В последний вечер они приехали на Сухумскую гору, чтобы попрощаться с городом. Долгий день разлился по зарослям теплом. Легкие облака, белые, бесконтурные, спешили к далёкому горизонту, опережая уставшее солнце.
– Обещай, что будешь меня слушаться! – сказала Катя.
Они вошли под высокие своды деревьев, стеной стоявших на вершине горы. Они молчали среди жалобных, чуть слышных шорохов листвы. За великолепной стеной сосен раскинулась чаща, здесь и там виднелись группы пальм и эвкалиптов, бледные стволы которых зажигал последний луч солнца. Андрей сжимал Катю в своих объятьях и целовал её глаза. Ночь спускалась с небес, первые звёзды мигали между ветвями.
Она повторила свой вопрос.
– Так ты обещаешь мне верить на слово, даже если тебе будет что-то непонятно?
Он пообещал.
Они уже в темноте пришли в ресторан, и на губах у Андрея оставался вкус поцелуев, а в глазах – образ Кати, когда она, в его объятиях, закинув руки за голову, замирала от страсти.
– Губы пахнут морем, – сказал он, открывая перед ней дверь.
Марлен, официант, запомнивший их, принес им два бокала вина:
– За счет заведения!
Она оглядела зал.
– У вас сегодня тихо. Намечается какая-нибудь программа?
– Сегодня будет играть джаз.
– Джаз?
– Наша местная группа, очень известная.
Записав заказ, Марлен ушел.
– Так что ты имела в виду «верить на слово, если даже мне будет что-то непонятно»?
– Ты… – ответила Катя, немного помедлив. – Ты такой интересный человек… Твои поступки разумны и логичны, но приходишь ты к этому нелогичным, и непонятным способом.
– Где-то я уже это слышал. Ты меня ни с кем не путаешь? Кажется, ты это про себя рассказывала. Таким образом ты объясняла свой приезд в Волгоград.
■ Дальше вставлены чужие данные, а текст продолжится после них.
-- ===== src/Knxd/Connector.antt =====
-- src/knxd/knxd_connector.cpp: attempts to connect with growing waits between them.
use cometvisu_knxd_fcgi.Knxd.Client.Interface.{KnxdClientInterface}
use cometvisu_knxd_fcgi.Prelude.{
  ℕ, ◌*◌, Bool, true, false, Option, none, some, List, [], ◌∷◌, Bytes, if◌then◌else◌, take,
}

-- `default_delays_ms`
abbrev pub default_delays_ms : List ℕ
default_delays_ms = 500 ∷ 1000 ∷ 2000 ∷ 4000 ∷ 8000 ∷ []

module _ {K : Type 0} (client : KnxdClientInterface K) (usleep : ℕ → K → K) where
  -- What follows an attempt, the loop after the next wait being `next`.
  abbrev pub after_try : (K → Bool × K) → ℕ → Bool × K → Bool × K
  after_try next delay (true, k) = (true, k)
  after_try next delay (false, k) = next (usleep (delay * 1000) k)

  -- The loop: one attempt more than there are delays.
  unfoldable pub attempts : Bytes → List ℕ → K → Bool × K
  attempts socket_path [] k = client.connect socket_path k
  attempts socket_path (delay ∷ delays) k =
      after_try (attempts socket_path delays) delay (client.connect socket_path k)

  -- `custom_delays_ms` has as many delays as are needed; `none` is a null pointer.
  unfoldable pub connect_knxd_with_retry : Bytes → Bool → Option (List ℕ) → K → Bool × K
  connect_knxd_with_retry socket_path has_worked_before custom_delays_ms k =
      let delays : List ℕ = elim custom_delays_ms [ none ↦ default_delays_ms | some d ↦ d ] in
      attempts socket_path (take (if has_worked_before then 5 else 3) delays) k
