-- ===== src/Boot.antt =====
-- main.cpp: the order in which the parts are started, up to the loop of the shell. The interrupts are
-- off until that loop, so that no handler runs before it.
pub mod Booted
mod Tests
use bare_metal_programming.Prelude.{ℕ, false, Option, none, some, List, []}
use mathlib.Core.Option
use bare_metal_programming.Screen.{Screen, fresh}
use bare_metal_programming.Screen.Memory.{Cells}
use bare_metal_programming.Output
use bare_metal_programming.Output.{Output, dec}
use bare_metal_programming.Pmm.Geometry.{Pmm}
use bare_metal_programming.Pmm.Init.{E820Entry, pmm_initialize}
use bare_metal_programming.Timer.{Timer, set_timer_frequency, initialize_pit}
use bare_metal_programming.Interrupts.{Ports}
use bare_metal_programming.Interrupts.Gates.{IdtEntry, idt_entry_table, initialize_exceptions}
use bare_metal_programming.Keyboard.Driver.{KeyboardState, initial_state}
use bare_metal_programming.Keyboard.Start.{Wire, initialize_keyboard}
use bare_metal_programming.Shell.{Turn, Shell, new_shell}
use bare_metal_programming.Shell.Commands.{run}

abbrev pub timer_frequency_hz : ℕ
timer_frequency_hz = 100

-- What the code finds: the screen's memory and registers, the vector flag, the bytes behind the
-- image, the memory map, the image's bounds, the entries of the interrupts, the controllers' masks,
-- the answers of the keyboard's ports and the keys of the shell's turns.
pub record Hardware : Type 0 where
  pub screen_cells : Cells
  pub cursor_start : ℕ
  pub cursor_end : ℕ
  pub mm_flag : ℕ
  pub behind_image : List ℕ
  pub entries : List E820Entry
  pub kernel_start : ℕ
  pub kernel_end : ℕ
  pub stub : ℕ → ℕ
  pub master_mask : ℕ
  pub slave_mask : ℕ
  pub device : ℕ → ℕ → ℕ
  pub turns : List Turn

-- `shell` is `none` while the shell waits for the rest of a line.
pub record Machine : Type 0 where
  pub pit : Ports
  pub timer : Timer
  pub memory : Pmm
  pub table : List IdtEntry
  pub ports : Ports
  pub keyboard : KeyboardState
  pub wire : Wire
  pub out : Output
  pub shell : Option Shell

abbrev pub new_output : Screen → Output
new_output buffer = record { buffer = buffer; state = dec; bool_alpha_enabled = false }

abbrev pub start_output : Hardware → Output
start_output h =
    Output.initialize h.cursor_start h.cursor_end (new_output (fresh h.screen_cells h.mm_flag))

-- `g_timer_ticks` and `g_timer_frequency` at the start.
abbrev pub timer_at_start : Timer
timer_at_start = record { g_timer_ticks = 0; g_timer_frequency = 0 }

abbrev pub wire_at_start : Wire
wire_at_start = record { reads = 0; writes = [] }

-- The rest of `kernel_main`, after the bytes for the interval timer.
unfoldable pub after_pit : Hardware → Ports → Machine
after_pit h pit =
    let timer = set_timer_frequency timer_frequency_hz timer_at_start in
    let memory = pmm_initialize h.mm_flag h.behind_image h.entries h.kernel_start h.kernel_end in
    let (table, ports) =
      initialize_exceptions h.stub h.master_mask h.slave_mask (idt_entry_table, []) in
    let (keyboard, wire, out) =
      initialize_keyboard h.device initial_state wire_at_start (start_output h) in
    record {
      pit = pit;
      timer = timer;
      memory = memory;
      table = table;
      ports = ports;
      keyboard = keyboard;
      wire = wire;
      out = out;
      shell = run h.turns (new_shell (new_output out.buffer) memory);
    }

-- `none` where the interval timer refuses its frequency.
unfoldable pub kernel_main : Hardware → Option Machine
kernel_main h = Option.map (after_pit h) (initialize_pit timer_frequency_hz)
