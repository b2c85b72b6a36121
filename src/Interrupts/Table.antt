-- ===== src/Interrupts/Table.antt =====
-- Tables that are filled with one value and then changed at some places.
use bare_metal_programming.Prelude.{
  ℕ, Bool, true, false, zero, suc, ◌≤◌, ◌≡◌, refl, arith, ltb, ◌==◌, inl, inr, Bool-cases,
  if◌then◌else◌, List, [], ◌∷◌, get_or, set, replicate, length, get_or-set_self, get_or-set_ne,
}

pub if_cases {ℓ ℓ'} :
    {A : Type ℓ} (P : A → Type ℓ') (b : Bool) (x y : A)
    → (b ≡ true → P x)
    → (b ≡ false → P y)
    → P (if b then x else y)
if_cases P true x y l r = l refl
if_cases P false x y l r = r refl

module _ {ℓ} {A : Type ℓ} where
  pub get_or-replicate : (n : ℕ) (a : A) (i : ℕ) → get_or (replicate n a) i a ≡ a
  get_or-replicate zero a i = refl
  get_or-replicate (suc n) a zero = refl
  get_or-replicate (suc n) a (suc i) = get_or-replicate n a i

  get_or-set_past : (xs : List A) (i : ℕ) (v d : A) → length xs ≤ i → get_or (set xs i v) i d ≡ d
  get_or-set_past [] i v d h = refl
  get_or-set_past (x ∷ xs) zero v d h = absurd (omega arith)
  get_or-set_past (x ∷ xs) (suc i) v d h = get_or-set_past xs i v d (omega arith)

  pub get_or-set :
      (xs : List A) (i : ℕ) (v : A) (j : ℕ) (d : A)
      → get_or (set xs i v) j d
        ≡ (if j == i then (if ltb i (length xs) then v else d) else get_or xs j d)
  get_or-set xs i v j d = elim (Bool-cases (j == i)) [
    | inl here ↦
        let same : j ≡ i = ground arith in
        rw (here, same)
          (elim (Bool-cases (ltb i (length xs))) [
            | inl within ↦ rw within (get_or-set_self xs i v d (ground (arith, within)))
            | inr past ↦ rw past (get_or-set_past xs i v d (ground (arith, past)))
          ])
    | inr away ↦ rw away (get_or-set_ne xs i j v d (λ e. absurd (ground (arith, e, away))))
  ]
– Андрюша! Почему нигде не сказано, как заставить понимать непонятливых?
Он понял. Её поведение, её поступки были направлены на то, чтобы случилось то, что случилось. Но она не может признаваться в этом, так как инициатива должна была исходить от него, как от мужчины.
– А бывали такое, чтобы ты пожалела о том, что сделала? – спросил Андрей.
И пояснил.
– Я в детстве, смотря кино, ворчал по поводу длинных титров, особенно если они шли перед фильмом. И говорил: «это лишние кадры, зачем они нужны»? Вот это я имею в виду: много ли было у тебя «лишних кадров»?
– «Кадров»? – задумчиво переспросила она. И продолжила уклончиво:
– Так вот… Ты только и видишь, что свои мысли; ты доверяешься только своим мыслям. Может такое случиться, что они окажутся слепы и глухи. Остановить их нельзя. Да, без руководящих мыслей мы бы шли только наугад. Но ты не всегда разумным образом находишь их. Иногда нужно подождать, отпустить ситуацию. Не обгонять время.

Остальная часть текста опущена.